#### Work to complete:
All that is wanted is how many lines in the records below include the string "claimed".

#### Information provided:

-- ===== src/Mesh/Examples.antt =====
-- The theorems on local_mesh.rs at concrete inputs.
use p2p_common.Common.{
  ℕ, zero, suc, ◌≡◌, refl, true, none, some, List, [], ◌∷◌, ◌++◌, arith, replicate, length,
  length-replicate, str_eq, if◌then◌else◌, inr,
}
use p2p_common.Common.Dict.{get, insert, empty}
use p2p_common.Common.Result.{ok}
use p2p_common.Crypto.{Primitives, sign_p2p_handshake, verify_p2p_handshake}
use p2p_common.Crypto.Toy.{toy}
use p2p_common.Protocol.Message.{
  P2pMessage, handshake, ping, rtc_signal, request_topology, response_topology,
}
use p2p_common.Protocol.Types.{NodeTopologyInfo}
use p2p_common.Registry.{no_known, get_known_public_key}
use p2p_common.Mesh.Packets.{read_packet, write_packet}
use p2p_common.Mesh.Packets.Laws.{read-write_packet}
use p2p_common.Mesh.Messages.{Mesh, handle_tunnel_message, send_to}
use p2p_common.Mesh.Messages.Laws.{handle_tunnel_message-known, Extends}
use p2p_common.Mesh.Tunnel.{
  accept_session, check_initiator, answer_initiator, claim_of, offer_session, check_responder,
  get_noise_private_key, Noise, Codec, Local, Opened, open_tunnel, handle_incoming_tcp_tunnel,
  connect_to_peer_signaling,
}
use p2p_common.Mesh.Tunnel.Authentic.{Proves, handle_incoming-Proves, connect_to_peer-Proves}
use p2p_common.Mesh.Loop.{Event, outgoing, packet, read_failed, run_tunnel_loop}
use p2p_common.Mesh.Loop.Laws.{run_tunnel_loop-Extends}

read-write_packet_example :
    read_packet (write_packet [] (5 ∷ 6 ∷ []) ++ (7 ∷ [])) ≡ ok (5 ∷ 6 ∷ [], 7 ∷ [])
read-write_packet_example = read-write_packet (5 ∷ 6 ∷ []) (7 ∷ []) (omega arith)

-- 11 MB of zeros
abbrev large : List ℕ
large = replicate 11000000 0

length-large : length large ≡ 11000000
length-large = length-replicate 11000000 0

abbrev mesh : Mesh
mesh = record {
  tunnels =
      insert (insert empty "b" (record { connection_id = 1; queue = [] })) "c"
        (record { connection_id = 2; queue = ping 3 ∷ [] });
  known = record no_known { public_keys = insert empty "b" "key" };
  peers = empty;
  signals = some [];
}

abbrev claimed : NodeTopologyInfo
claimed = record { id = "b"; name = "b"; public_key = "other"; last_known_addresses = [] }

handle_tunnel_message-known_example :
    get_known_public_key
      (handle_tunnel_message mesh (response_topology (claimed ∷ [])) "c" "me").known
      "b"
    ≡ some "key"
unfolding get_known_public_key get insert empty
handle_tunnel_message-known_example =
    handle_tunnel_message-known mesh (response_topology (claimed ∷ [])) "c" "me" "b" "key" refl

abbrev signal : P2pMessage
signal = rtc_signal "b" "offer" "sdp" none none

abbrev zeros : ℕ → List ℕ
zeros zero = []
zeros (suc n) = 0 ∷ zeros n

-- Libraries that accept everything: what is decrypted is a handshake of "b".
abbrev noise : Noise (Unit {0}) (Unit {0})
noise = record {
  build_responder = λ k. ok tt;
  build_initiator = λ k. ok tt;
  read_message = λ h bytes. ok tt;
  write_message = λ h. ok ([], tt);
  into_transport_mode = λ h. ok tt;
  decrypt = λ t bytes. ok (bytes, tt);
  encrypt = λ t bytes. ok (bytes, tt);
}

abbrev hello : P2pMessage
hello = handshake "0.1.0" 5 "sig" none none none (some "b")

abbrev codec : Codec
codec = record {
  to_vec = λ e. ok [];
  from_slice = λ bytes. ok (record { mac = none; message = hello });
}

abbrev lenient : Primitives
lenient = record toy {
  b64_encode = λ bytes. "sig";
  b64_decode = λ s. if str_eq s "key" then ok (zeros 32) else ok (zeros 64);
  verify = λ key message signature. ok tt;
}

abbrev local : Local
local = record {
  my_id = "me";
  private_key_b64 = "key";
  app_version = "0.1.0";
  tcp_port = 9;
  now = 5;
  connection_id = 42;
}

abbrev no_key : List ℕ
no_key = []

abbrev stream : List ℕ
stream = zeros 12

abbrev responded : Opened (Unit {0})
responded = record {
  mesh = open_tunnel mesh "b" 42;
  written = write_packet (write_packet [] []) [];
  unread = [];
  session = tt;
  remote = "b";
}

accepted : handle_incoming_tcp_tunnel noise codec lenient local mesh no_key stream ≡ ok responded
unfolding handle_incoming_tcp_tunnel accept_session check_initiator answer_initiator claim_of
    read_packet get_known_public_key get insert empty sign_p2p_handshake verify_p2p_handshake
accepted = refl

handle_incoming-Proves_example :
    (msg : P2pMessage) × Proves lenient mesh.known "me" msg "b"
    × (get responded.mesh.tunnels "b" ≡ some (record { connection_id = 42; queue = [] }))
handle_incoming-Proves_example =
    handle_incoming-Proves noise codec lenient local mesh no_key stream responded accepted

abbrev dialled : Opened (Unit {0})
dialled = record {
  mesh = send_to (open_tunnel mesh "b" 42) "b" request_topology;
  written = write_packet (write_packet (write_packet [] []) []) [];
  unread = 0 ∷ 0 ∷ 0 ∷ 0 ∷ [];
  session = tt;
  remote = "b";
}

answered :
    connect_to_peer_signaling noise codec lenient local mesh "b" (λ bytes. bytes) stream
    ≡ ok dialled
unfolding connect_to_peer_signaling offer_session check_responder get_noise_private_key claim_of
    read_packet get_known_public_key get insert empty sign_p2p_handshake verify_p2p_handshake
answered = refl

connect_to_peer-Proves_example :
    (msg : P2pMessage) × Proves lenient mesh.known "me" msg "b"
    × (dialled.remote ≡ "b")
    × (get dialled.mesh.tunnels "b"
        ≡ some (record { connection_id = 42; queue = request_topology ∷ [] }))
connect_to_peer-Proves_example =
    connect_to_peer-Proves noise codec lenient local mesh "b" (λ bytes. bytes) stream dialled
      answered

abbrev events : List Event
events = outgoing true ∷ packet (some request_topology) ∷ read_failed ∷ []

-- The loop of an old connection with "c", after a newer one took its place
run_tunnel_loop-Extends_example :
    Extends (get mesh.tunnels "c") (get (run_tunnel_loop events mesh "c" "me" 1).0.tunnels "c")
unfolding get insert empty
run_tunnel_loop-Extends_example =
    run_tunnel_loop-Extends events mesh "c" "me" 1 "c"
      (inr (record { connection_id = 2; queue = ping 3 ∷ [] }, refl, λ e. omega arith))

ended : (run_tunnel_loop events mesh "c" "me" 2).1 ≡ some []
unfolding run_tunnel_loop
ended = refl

* * *

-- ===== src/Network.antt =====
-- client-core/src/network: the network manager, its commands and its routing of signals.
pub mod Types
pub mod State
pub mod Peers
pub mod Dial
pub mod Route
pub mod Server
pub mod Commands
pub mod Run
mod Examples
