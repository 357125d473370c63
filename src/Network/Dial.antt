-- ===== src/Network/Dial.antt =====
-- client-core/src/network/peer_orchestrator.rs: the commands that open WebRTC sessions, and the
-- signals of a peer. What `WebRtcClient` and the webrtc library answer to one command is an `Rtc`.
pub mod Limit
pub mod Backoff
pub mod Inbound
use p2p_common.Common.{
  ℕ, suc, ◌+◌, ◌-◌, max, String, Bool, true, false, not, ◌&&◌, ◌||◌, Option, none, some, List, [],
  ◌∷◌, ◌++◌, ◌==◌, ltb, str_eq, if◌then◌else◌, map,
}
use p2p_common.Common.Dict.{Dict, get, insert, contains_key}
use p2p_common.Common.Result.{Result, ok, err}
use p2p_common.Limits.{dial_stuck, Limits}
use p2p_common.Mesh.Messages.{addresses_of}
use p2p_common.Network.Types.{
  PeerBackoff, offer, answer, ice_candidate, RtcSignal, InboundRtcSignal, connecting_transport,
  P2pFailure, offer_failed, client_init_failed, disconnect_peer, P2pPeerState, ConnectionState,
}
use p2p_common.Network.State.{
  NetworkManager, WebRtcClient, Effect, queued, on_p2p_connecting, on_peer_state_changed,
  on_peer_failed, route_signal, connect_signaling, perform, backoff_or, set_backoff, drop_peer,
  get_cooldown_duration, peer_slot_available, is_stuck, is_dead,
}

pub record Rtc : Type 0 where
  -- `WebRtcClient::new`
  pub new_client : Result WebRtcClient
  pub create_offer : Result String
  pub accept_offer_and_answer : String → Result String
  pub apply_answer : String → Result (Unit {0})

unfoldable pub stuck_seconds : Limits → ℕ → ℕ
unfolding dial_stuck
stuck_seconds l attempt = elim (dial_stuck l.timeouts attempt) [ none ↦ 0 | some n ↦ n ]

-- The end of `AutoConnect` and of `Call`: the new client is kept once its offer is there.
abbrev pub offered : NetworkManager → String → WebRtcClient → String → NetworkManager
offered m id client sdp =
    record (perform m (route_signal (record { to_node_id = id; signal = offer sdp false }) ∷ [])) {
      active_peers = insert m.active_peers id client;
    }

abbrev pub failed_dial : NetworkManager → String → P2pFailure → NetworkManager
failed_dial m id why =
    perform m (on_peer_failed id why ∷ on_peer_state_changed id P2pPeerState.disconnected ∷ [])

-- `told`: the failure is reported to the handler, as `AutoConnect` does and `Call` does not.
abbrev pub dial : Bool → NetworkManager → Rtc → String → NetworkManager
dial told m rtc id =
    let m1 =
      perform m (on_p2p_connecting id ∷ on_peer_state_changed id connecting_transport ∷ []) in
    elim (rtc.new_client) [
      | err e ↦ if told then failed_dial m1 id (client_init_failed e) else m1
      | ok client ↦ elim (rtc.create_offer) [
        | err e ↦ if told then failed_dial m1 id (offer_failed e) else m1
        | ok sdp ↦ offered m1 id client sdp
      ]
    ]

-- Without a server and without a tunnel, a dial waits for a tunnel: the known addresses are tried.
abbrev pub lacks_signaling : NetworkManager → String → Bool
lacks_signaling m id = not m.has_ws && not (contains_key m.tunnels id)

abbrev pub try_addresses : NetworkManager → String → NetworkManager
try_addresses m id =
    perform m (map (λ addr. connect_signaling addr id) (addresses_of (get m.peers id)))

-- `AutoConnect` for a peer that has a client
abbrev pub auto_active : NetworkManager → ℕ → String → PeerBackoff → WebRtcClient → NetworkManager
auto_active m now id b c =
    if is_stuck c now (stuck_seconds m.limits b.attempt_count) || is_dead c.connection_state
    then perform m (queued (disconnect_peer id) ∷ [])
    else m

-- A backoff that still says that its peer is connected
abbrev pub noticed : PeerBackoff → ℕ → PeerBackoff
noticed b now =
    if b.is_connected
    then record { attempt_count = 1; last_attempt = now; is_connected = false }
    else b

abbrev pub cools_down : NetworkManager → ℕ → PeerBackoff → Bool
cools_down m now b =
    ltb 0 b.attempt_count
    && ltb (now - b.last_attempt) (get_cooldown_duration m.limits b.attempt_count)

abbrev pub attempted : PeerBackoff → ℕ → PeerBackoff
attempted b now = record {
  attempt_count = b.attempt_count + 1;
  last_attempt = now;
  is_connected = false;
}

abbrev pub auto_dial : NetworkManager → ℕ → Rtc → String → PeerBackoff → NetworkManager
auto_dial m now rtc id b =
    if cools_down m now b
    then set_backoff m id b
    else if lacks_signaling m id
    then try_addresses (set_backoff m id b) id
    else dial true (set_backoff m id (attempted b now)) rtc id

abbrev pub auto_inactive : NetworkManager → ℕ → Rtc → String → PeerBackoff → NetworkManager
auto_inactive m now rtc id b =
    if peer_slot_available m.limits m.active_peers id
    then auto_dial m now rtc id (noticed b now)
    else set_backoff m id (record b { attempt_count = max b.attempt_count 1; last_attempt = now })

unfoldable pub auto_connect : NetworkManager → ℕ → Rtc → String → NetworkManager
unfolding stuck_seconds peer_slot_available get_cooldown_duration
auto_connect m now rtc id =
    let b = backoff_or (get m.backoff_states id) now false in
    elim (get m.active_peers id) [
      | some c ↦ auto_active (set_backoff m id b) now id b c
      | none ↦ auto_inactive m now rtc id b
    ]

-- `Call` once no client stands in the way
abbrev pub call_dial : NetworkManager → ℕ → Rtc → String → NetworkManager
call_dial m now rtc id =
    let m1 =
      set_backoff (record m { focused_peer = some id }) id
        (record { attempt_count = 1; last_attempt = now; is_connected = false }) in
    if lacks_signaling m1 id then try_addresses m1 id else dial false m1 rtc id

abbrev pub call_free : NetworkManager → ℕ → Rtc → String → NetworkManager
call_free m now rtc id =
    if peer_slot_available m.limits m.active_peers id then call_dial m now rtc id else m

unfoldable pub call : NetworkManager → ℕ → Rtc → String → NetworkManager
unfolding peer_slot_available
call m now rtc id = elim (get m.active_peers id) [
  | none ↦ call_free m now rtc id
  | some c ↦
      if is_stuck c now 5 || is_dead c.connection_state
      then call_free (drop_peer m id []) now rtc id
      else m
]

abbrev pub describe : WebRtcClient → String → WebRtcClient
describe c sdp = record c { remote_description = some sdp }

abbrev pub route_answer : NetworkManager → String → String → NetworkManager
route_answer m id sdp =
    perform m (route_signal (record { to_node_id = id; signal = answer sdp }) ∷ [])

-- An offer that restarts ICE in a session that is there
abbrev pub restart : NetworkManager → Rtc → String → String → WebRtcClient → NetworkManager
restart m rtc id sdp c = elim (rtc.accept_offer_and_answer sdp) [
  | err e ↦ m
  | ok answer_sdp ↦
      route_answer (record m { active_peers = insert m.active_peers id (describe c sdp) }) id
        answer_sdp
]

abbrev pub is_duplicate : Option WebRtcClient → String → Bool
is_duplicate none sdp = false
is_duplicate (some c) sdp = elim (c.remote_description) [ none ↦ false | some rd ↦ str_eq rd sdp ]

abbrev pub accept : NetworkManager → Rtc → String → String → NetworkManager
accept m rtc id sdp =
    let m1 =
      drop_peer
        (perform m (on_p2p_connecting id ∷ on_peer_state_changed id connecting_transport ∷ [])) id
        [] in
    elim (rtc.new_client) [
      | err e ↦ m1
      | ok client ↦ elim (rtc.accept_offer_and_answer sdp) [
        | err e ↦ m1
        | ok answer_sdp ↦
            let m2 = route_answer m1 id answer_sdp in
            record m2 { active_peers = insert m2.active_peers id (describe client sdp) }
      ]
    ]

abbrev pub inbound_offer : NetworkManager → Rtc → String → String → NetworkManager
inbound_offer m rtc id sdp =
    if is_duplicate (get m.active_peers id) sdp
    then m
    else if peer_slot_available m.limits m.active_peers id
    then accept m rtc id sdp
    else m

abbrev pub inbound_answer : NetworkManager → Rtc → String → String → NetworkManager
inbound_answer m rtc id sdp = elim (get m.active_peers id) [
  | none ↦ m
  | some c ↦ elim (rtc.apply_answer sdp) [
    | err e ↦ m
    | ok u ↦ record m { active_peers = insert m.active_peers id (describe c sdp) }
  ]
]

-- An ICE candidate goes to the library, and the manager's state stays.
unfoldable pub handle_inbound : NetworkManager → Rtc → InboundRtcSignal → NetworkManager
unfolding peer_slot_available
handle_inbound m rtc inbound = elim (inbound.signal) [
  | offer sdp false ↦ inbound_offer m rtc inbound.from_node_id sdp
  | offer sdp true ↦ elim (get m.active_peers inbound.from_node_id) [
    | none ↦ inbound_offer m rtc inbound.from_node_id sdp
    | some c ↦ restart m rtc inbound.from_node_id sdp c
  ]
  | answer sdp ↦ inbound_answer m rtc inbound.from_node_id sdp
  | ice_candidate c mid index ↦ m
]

#### Answer to this exercise:
4